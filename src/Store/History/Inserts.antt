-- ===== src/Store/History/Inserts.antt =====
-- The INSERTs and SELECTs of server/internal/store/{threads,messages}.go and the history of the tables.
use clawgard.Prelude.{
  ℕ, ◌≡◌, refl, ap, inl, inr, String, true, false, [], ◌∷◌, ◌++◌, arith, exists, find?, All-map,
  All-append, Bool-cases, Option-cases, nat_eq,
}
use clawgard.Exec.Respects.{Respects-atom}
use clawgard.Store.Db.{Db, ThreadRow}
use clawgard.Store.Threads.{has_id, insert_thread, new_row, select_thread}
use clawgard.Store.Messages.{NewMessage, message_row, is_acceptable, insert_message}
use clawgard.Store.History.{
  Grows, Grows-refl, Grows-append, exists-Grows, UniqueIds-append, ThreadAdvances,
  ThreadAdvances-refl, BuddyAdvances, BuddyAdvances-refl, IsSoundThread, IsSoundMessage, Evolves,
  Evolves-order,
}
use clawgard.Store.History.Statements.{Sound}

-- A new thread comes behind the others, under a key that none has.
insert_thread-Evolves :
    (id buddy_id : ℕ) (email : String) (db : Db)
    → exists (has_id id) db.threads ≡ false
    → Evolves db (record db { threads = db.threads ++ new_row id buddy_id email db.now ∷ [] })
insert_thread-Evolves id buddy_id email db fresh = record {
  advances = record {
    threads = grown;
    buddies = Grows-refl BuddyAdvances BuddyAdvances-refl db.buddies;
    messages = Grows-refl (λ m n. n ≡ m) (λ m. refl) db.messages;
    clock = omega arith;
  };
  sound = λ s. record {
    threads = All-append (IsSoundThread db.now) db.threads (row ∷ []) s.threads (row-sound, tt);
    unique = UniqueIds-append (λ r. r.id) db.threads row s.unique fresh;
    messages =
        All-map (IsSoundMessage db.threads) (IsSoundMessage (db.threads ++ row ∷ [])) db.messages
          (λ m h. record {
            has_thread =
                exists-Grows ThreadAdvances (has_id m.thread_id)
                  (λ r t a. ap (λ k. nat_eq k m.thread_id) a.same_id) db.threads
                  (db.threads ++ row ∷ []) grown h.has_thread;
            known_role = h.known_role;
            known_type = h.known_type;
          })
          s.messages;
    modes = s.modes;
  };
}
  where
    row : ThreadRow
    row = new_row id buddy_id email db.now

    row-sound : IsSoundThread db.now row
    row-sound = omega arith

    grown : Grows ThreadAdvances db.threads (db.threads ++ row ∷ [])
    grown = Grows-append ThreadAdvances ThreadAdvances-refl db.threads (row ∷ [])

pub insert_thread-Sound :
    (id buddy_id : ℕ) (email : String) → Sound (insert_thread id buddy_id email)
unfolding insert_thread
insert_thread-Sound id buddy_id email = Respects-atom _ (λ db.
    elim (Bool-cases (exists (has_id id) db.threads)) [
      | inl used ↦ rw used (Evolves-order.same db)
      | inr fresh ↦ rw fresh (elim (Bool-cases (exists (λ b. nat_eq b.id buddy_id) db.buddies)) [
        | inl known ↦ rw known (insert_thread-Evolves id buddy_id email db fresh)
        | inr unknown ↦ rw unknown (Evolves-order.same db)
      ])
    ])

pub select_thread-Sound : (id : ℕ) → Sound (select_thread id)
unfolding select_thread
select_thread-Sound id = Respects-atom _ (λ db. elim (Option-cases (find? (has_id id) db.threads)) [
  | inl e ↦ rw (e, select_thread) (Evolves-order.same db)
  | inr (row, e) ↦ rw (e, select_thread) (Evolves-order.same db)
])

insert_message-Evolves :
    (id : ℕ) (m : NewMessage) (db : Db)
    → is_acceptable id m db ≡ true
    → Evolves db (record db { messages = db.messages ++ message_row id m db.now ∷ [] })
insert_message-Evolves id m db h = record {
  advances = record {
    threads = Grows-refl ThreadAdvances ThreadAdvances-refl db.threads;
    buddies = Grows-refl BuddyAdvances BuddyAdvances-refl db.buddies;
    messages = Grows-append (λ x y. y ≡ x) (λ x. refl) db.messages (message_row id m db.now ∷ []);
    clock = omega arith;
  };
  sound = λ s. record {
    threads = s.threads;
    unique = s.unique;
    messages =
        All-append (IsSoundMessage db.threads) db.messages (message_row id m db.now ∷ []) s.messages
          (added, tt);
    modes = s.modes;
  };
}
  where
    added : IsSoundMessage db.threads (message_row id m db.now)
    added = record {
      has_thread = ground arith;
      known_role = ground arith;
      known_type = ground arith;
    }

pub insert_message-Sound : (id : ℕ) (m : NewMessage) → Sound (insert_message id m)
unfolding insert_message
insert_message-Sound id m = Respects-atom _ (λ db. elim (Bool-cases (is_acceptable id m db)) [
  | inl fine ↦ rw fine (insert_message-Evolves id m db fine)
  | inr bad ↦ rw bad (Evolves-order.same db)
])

######

◆ WORK TO BE COMPLETED: When a line above contains the string "NewMessage", copy that line.

◆ OUTPUT FOR THIS TASK:
use clawgard.Store.Messages.{NewMessage, message_row, is_acceptable, insert_message}
    (id : ℕ) (m : NewMessage) (db : Db)
pub insert_message-Sound : (id : ℕ) (m : NewMessage) → Sound (insert_message id m)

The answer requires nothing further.